Gephi filters are categorized into several groups, shown as individual folders in the Filters tab. Within each of these folders are multiple filtering selections that can be used on their own as simple filters, or combined to create complex filters. Primary filter categories include:

  • Attributes: This folder houses many options that enable filtering on nodes, edges, partitions, clusters, and various graph measures such as eccentricity and various centrality levels. In addition, the user-defined attributes (such as a new column) can be found and acted on from this folder.
  • Edges: This filter is applied strictly to the connections within the network.
  • Operator: This filter allows you to execute a few functions on the graph.
  • Topology: This filter offers a range of options where you can use graph measures such as degree ranges to filter the network.

Here's a screenshot showing the primary and secondary filtering folders:

Primary filtering functions in Gephi

Filtering options in the Filters tab

Let's take a more detailed look at these folders so that we acquire enough understanding to spend time working with them on our example network. The next few sections separate the filters into groups just as they are laid out in Gephi. Not every filtering option is covered here. Additional options exist for semantic and dynamic filtering. While we won't explore them here, you should note that the dynamic filters can be used in instances where we have a time-based network where node and edge values are dynamic. The semantic filters can be used while working with RDF data structures such as SPARQL. For more information on RDF, you can visit the site http://www.w3.org/RDF/.

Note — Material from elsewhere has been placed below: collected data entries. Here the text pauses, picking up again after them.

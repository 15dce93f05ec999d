-- ===== src/FuseAdapter.antt =====
-- The FUSE callbacks of src/fuse/fuse_adapter.cpp: which Workspace and which path a request is about.
-- The manager is set before the mount starts, so the source's test for a null manager is left out; of
-- the manager the callbacks use the engines alone, in the order of their names.
pub mod Files
pub mod Directories
pub mod Requests
pub mod Pages
pub mod Paths
mod Tests
use tribios_vfs.Common.{
  ℕ, Bool, true, false, List, [], ◌∷◌, ◌++◌, ◌*◌, ◌+◌, Bytes, bytes_eq, is_empty, Option, none,
  some, map, ◌==◌, ◌||◌, if◌then◌else◌,
}
use tribios_vfs.Paths.{slash, normalize_relative, parent_of}
use tribios_vfs.Engine.Host.{Result, ok, fail, enoent}
use tribios_vfs.Engine.State.{Engine, Attr}
use tribios_vfs.Engine.Visible.{getattr}

pub record ViewPath : Type 0 where
  pub workspace : Bytes
  pub relative : Bytes
  pub is_root : Bool

pub record View : Type 0 where
  pub engines : List (Bytes × Engine)

-- The user that the daemon runs as.
pub record Owner : Type 0 where
  pub uid : ℕ
  pub gid : ℕ

-- `struct stat`, without the link count and the change time.
pub record Stat : Type 0 where
  pub st_ino : ℕ
  pub st_mode : ℕ
  pub st_size : ℕ
  pub st_uid : ℕ
  pub st_gid : ℕ
  pub st_mtime : ℕ
  pub st_atime : ℕ

-- The texts before and behind the first slash.
unfoldable pub cons_before : ℕ → Option (Bytes × Bytes) → Option (Bytes × Bytes)
cons_before c none = none
cons_before c (some (before, after)) = some (c ∷ before, after)

unfoldable pub split_slash : Bytes → Option (Bytes × Bytes)
unfolding cons_before
split_slash [] = none
split_slash (c ∷ s) =
    let rest = cons_before c (split_slash s) in if c == slash then some ([], s) else rest

unfoldable pub view_of : Bytes → Option (Bytes × Bytes) → ViewPath
view_of normalized none = record { workspace = normalized; relative = []; is_root = false }
view_of normalized (some (workspace, relative)) = record {
  workspace = workspace;
  relative = relative;
  is_root = false;
}

unfoldable pub parse_normalized : Bytes → ViewPath
parse_normalized normalized =
    if is_empty normalized
    then record { workspace = []; relative = []; is_root = true }
    else view_of normalized (split_slash normalized)

unfoldable pub parse_project_view_path : Bytes → ViewPath
parse_project_view_path path = parse_normalized (normalize_relative path)

unfoldable pub find_engine : Bytes → List (Bytes × Engine) → Option Engine
find_engine name [] = none
find_engine name ((k, e) ∷ es) = if bytes_eq k name then some e else find_engine name es

-- The engine with its state changed.
unfoldable pub put_engine : Bytes → Engine → List (Bytes × Engine) → List (Bytes × Engine)
put_engine name e [] = []
put_engine name e ((k, d) ∷ es) =
    let rest = put_engine name e es in if bytes_eq k name then (k, e) ∷ es else (k, d) ∷ rest

unfoldable pub find_workspace_engine_for_view_path : ViewPath → View → Option Engine
find_workspace_engine_for_view_path view s =
    if is_empty view.workspace then none else find_engine view.workspace s.engines

-- A call of the engine of a path, where there is one.
unfoldable pub call {ℓ} :
    {A : Type ℓ} → Bytes → Option Engine → (Engine → Result A × Engine) → View → Result A × View
call name none f s = (fail enoent, s)
call name (some e) f s =
    let (r, after) = f e in (r, record s { engines = put_engine name after s.engines })

unfoldable pub with_engine {ℓ} :
    {A : Type ℓ} → ViewPath → (Engine → Result A × Engine) → View → Result A × View
with_engine view f s = call view.workspace (find_workspace_engine_for_view_path view s) f s

abbrev pub project_view_root_inode : ℕ
project_view_root_inode = 1

unfoldable pub populate_stat_from_attributes : Owner → Attr → Stat
populate_stat_from_attributes o attr = record {
  st_ino = attr.ino;
  st_mode = attr.mode;
  st_size = attr.size;
  st_uid = o.uid;
  st_gid = o.gid;
  st_mtime = attr.mtime;
  st_atime = attr.atime;
}

unfoldable pub view_root_stat : Owner → Stat
view_root_stat o = record {
  st_ino = project_view_root_inode;
  st_mode = 0o040755;
  st_size = 0;
  st_uid = o.uid;
  st_gid = o.gid;
  st_mtime = 0;
  st_atime = 0;
}

unfoldable pub stat_of : Owner → Result Attr → Result Stat
stat_of o (fail c) = fail c
stat_of o (ok attr) = ok (populate_stat_from_attributes o attr)

unfoldable pub getattr_in : Owner → Bytes → Option Engine → Result Stat
getattr_in o relative none = fail enoent
getattr_in o relative (some e) = stat_of o (getattr e relative)

unfoldable pub tri_getattr : Owner → Bytes → View → Result Stat
tri_getattr o path s =
    let view = parse_project_view_path path in
    if view.is_root
    then ok (view_root_stat o)
    else getattr_in o view.relative (find_workspace_engine_for_view_path view s)

unfoldable pub inode_of : Result Attr → ℕ
inode_of (fail c) = project_view_root_inode
inode_of (ok attr) = attr.ino

unfoldable pub inode_in : Bytes → Option Engine → ℕ
inode_in relative none = project_view_root_inode
inode_in relative (some e) = inode_of (getattr e relative)

unfoldable pub resolve_view_path_inode : ViewPath → View → ℕ
resolve_view_path_inode view s =
    if view.is_root
    then project_view_root_inode
    else inode_in view.relative (find_workspace_engine_for_view_path view s)

unfoldable pub parent_view_path_inode : ViewPath → View → ℕ
parent_view_path_inode view s =
    if view.is_root || is_empty view.relative
    then project_view_root_inode
    else resolve_view_path_inode (record view { relative = parent_of view.relative }) s
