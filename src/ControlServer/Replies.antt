-- ===== src/ControlServer/Replies.antt =====
-- Replies and their texts in src/daemon/control_server.cpp.
use tribios_vfs.Common.{
  ℕ, suc, zero, ◌+◌, ◌-◌, ◌/◌, ◌%◌, ◌^◌, Bool, List, [], ◌∷◌, ◌++◌, Bytes, codes, get_or, to_string,
  ltb, ◌==◌, if◌then◌else◌,
}
use tribios_vfs.Store.Types.{Int64}
use tribios_vfs.Engine.Host.{ok, fail, Tree}
use tribios_vfs.Engine.Publish.{Status}

-- What the server uses of the C library, and the disk usage that the host reports of an upper tree.
pub record Libc : Type 0 where
  pub strerror : ℕ → Bytes
  pub strtoull : Bytes → ℕ → ℕ
  pub strtoll : Bytes → ℕ → ℕ
  pub upper_bytes : Tree → ℕ

-- A call of the handler that drops what the kernel cached.
pub record Change : Type 0 where
  pub workspace : Bytes
  pub path : Bytes
  pub unlinked : Bool

abbrev pub ControlReply : Type 0
ControlReply = List Bytes

unfoldable pub ok_reply : ControlReply → ControlReply
ok_reply payload = codes "OK" ∷ payload

unfoldable pub error_reply : Bytes → ControlReply
error_reply message = codes "ERR" ∷ message ∷ []

unfoldable pub errno_error_reply : Libc → ℕ → ControlReply
errno_error_reply libc code =
    codes "ERR" ∷ (codes "errno " ++ to_string code ++ codes " " ++ libc.strerror code) ∷ []

unfoldable pub filesystem_status_reply : Libc → Status → ControlReply
filesystem_status_reply libc (ok u) = ok_reply []
filesystem_status_reply libc (fail c) = errno_error_reply libc c

-- `std::oct`, for a number below 8 ^ fuel.
unfoldable pub octal : ℕ → ℕ → Bytes → Bytes
octal zero n after = after
octal (suc fuel) n after =
    let digit = n % 8 + b'0' in
    let more = octal fuel (n / 8) (digit ∷ after) in if ltb n 8 then digit ∷ after else more

-- The S_IFMT bits, and the permission bits, of which there are four octal digits.
unfoldable pub format_file_mode : ℕ → Bytes
unfolding octal
format_file_mode mode =
    let kind =
      if mode / 4096 % 16 == 4
      then codes "dir"
      else if mode / 4096 % 16 == 10
      then codes "symlink"
      else codes "file" in
    kind ++ codes " " ++ octal 4 (mode % 4096) []

-- A missing argument is an empty text.
unfoldable pub request_argument : List Bytes → ℕ → Bytes
request_argument request index = get_or request index []

-- `std::to_string` of a `std::int64_t`, on its 64-bit pattern.
unfoldable pub signed_text : Int64 → Bytes
signed_text n = if ltb n (2 ^ 63) then to_string n else codes "-" ++ to_string (2 ^ 64 - n)
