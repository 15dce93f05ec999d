-- ===== src/Engine/Stage.antt =====
-- Copy-up: `create_missing_upper_parent_directories` and `materialize_visible_entry_at` of
-- src/core/workspace_engine.cpp.
use tribios_vfs.Common.{
  ℕ, zero, suc, ◌+◌, Bool, true, false, List, [], ◌∷◌, ◌++◌, Bytes, is_empty, length, Option, none,
  some, ◌==◌, if◌then◌else◌,
}
use tribios_vfs.Paths.{parent_of, join_relative}
use tribios_vfs.Engine.Host.{
  Node, Tree, Kind, dir, reg, lnk, is_dir, is_lnk, lstat, graft, enoent, enotdir, eio, Host,
  make_parent, parent_sync, host_create, host_copy, Result, ok, fail,
}
use tribios_vfs.Engine.State.{Engine, DirEntry}
use tribios_vfs.Engine.Visible.{
  base_is_visible, Found, missing, in_upper, in_base, find_visible_entry_layer,
}
use tribios_vfs.Engine.Listing.{forget_cached_directory_entries, merge_visible_directory_entries}

-- The ancestors of a path but the root, outermost first.
unfoldable pub ancestors : ℕ → Bytes → List Bytes
ancestors zero relative = []
ancestors (suc n) relative =
    let parent = parent_of relative in
    if is_empty parent then [] else ancestors n parent ++ parent ∷ []

-- `mkdir` of an upper directory.
unfoldable pub new_directory : Host → Bytes → ℕ → Node
new_directory h path mode = record {
  kind = dir;
  mode = h.created_mode mode;
  body = [];
  atime = h.clock;
  mtime = h.clock;
  ino = h.inode path;
}

unfoldable pub make_upper_directory : Host → Bytes → Node → Engine → Result (Unit {0}) × Engine
make_upper_directory h path below e =
    let e1 = forget_cached_directory_entries path e in
    let e2 = record e1 { upper = (path, new_directory h path below.mode) ∷ e1.upper } in
    if is_dir below.kind
    then (if h.fault make_parent == 0
        then (if h.fault parent_sync == 0 then (ok tt, e2) else (fail eio, e2))
        else (fail (h.fault make_parent), e1))
    else (fail enotdir, e)

unfoldable pub copy_up_directory :
    Host → Bytes → Engine → Bool → Option Node → Result (Unit {0}) × Engine
copy_up_directory h path e false below = (fail enoent, e)
copy_up_directory h path e true none = (fail enoent, e)
copy_up_directory h path e true (some n) = make_upper_directory h path n e

-- One round of the loop: an upper directory is passed, one of the Base state is made in the upper tree.
unfoldable pub upper_directory : Host → Bytes → Engine → Option Node → Result (Unit {0}) × Engine
upper_directory h path e (some n) = if is_dir n.kind then (ok tt, e) else (fail enotdir, e)
upper_directory h path e none =
    copy_up_directory h path e (base_is_visible e.tombstones path) (lstat e.base path)

unfoldable pub make_missing :
    Host → List Bytes → Result (Unit {0}) × Engine → Result (Unit {0}) × Engine
make_missing h [] r = r
make_missing h (path ∷ paths) (fail c, e) = (fail c, e)
make_missing h (path ∷ paths) (ok u, e) =
    make_missing h paths (upper_directory h path e (lstat e.upper path))

unfoldable pub create_missing_upper_parent_directories :
    Host → Bytes → Engine → Result (Unit {0}) × Engine
create_missing_upper_parent_directories h relative e =
    make_missing h (ancestors (length relative) relative) (ok tt, e)

-- What a copy is given: a new inode, and the times of its source but for a link. The mode of a
-- directory passes through `mkdir`.
unfoldable pub copy_of : Host → Bytes → Node → Node
copy_of h path n = record n {
  mode = if is_dir n.kind then h.created_mode n.mode else n.mode;
  atime = if is_lnk n.kind then h.clock else n.atime;
  mtime = if is_lnk n.kind then h.clock else n.mtime;
  ino = h.inode path;
}

unfoldable pub found_node : Found → Option Node
found_node missing = none
found_node (in_upper n) = some n
found_node (in_base n) = some n

-- The node that a path shows, on whichever layer.
unfoldable pub visible_node : Engine → Bytes → Option Node
visible_node e relative = found_node (find_visible_entry_layer e relative)

unfoldable pub add_copy : Bytes → Result Tree → Result Tree → Result Tree
add_copy name (fail c) rest = fail c
add_copy name (ok t) (fail c) = fail c
add_copy name (ok t) (ok ts) = ok (graft name t ++ ts)

-- The copies of the children of a directory, by a function that copies one path.
unfoldable pub copy_children : (Bytes → Result Tree) → Bytes → List DirEntry → Result Tree
copy_children copy relative [] = ok []
copy_children copy relative (x ∷ xs) =
    add_copy x.name (copy (join_relative relative x.name)) (copy_children copy relative xs)

unfoldable pub under_directory : Node → Result Tree → Result Tree
under_directory n (fail c) = fail c
under_directory n (ok ts) = ok (([], n) ∷ ts)

-- A single entry: `copy_file` refuses what is no regular file.
unfoldable pub copy_leaf : Host → Bytes → Node → Kind → Result Tree
copy_leaf h relative n reg =
    if h.fault host_copy == 0 then ok (([], copy_of h relative n) ∷ []) else fail eio
copy_leaf h relative n lnk =
    if h.fault host_copy == 0 then ok (([], copy_of h relative n) ∷ []) else fail eio
copy_leaf h relative n _ = fail eio

unfoldable pub copy_entry :
    (Bytes → Result Tree) → Host → Engine → Bytes → Option Node → Result Tree
copy_entry copy h e relative none = fail enoent
copy_entry copy h e relative (some n) =
    let entries = merge_visible_directory_entries h e relative in
    let tree = under_directory (copy_of h relative n) (copy_children copy relative entries) in
    if is_dir n.kind
    then (if h.fault host_create == 0 then tree else fail (h.fault host_create))
    else copy_leaf h relative n n.kind

-- The tree that the copy makes at its destination. The fuel bounds the depth of the directories.
unfoldable pub materialize : ℕ → Host → Engine → Bytes → Result Tree
materialize zero h e relative = fail eio
materialize (suc fuel) h e relative =
    copy_entry (materialize fuel h e) h e relative (visible_node e relative)

-- More than the length of any path of the tree.
unfoldable pub longest : Tree → ℕ
longest [] = 1
longest ((k, n) ∷ t) = suc (length k) + longest t

unfoldable pub materialize_visible_entry_at : Host → Engine → Bytes → Result Tree
materialize_visible_entry_at h e relative =
    materialize (longest e.upper + longest e.base) h e relative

The following functions will nonetheless provide you with a powerful toolkit for navigating your network graphs.

Attributes

The Attributes filter allows you to query your graph based on the specific values within the network, including ID, Labels, Weight, and Modularity Class. This set of tools is highly useful when you wish to focus on a specific element of a group of values within the larger network. We'll provide basic instructions here for how you can expect these individual filters to operate, and then we'll work on them later in the chapter using some of the most essential ones on an actual dataset:

  • The Equal function operates much as you might anticipate. Several options are available to take advantage of; for nodes, we can look for specific values based on Id, Label, or Modularity Class (assuming that you have clustered or partitioned your data). If we are looking to learn more about edges, then we can likewise use the ID and Label values, while also being able to specify the edge weight value to filter by.
  • Inter Edges can be used to focus only on those edges that connect nodes within various partitions or clusters. This is particularly effective when the focus is on connections inside a group, and could certainly be used to shed light on networks with high levels of homophily. As is the case with other edge functions, one of the most compelling uses for this filter is to help clarify the connection patterns in an otherwise dense network.
  • Intra Edges plays the opposite role to the Inter Edges functionality, highlighting only those connections that occur across groups. This will obviously be useful in cases where we are less interested in within the group communications, but are highly drawn to understand patterns between groups, and to determine which nodes are critical to these paths.
  • The Non-null condition simply helps to hide missing values from the network graph, allowing us to focus on populated variables only. Options here are the same as for the Equal function we just discussed, giving us the ability to remove both nodes and edges that have missing values.
  • The Partition filters are especially adept at creating custom views of individual partitions or clusters within the larger network, making it possible to quickly create subset versions of the entire network. Not only does this help in making the network more navigable for analysis, it also leads to visual results that can be far easier for viewers to comprehend.
  • The Partition Count filter works on partitions as well, but does so using the counts within each partition, as opposed to the number that identifies each group. If our goal is to learn more on partitions with few members, the threshold can be set to remove larger groups from the graph, leaving us with only the smaller partitions being viewable. The opposite is true as well, if our focus is on heavily populated groups.
  • With the Range filter condition, we have the capability to extend some of what was made available in the Equal filter. For instance, we can now specify a range of edge weights to display (say from 2 through 5). This can also be used to display a range of partitions in the same fashion, by differentiating this tool from the other partition filters.

Edges

A pair of edge filters exists beyond those already discussed in the Attributes section, which gives us the ability to further highlight desired patterns in the network that are mentioned as follows:

  • If our goal is to examine or highlight a range of connection strength, then the Edge Weight filter is a highly useful tool. With this filter, all edge weights within specified minimum and maximum values can be highlighted, making it quite simple to draw attention to critical network paths.
  • The Self-Loop filters can be applied in cases where a node connects with itself. This filter requires a subfilter (equal, partition, not equal, and so on) to activate the filter. We can then use these conditions to focus our attention on those nodes either with or without self-loops.

Operator

Several operator functions exist that can help us to build more complex filters. In our section titled Working with complex filters, described later in this chapter, we'll explore the practical use of these functions through a series of examples. In this section, our focus will be on providing a theoretical construct to help you understand when and how you might put each of these operators to use.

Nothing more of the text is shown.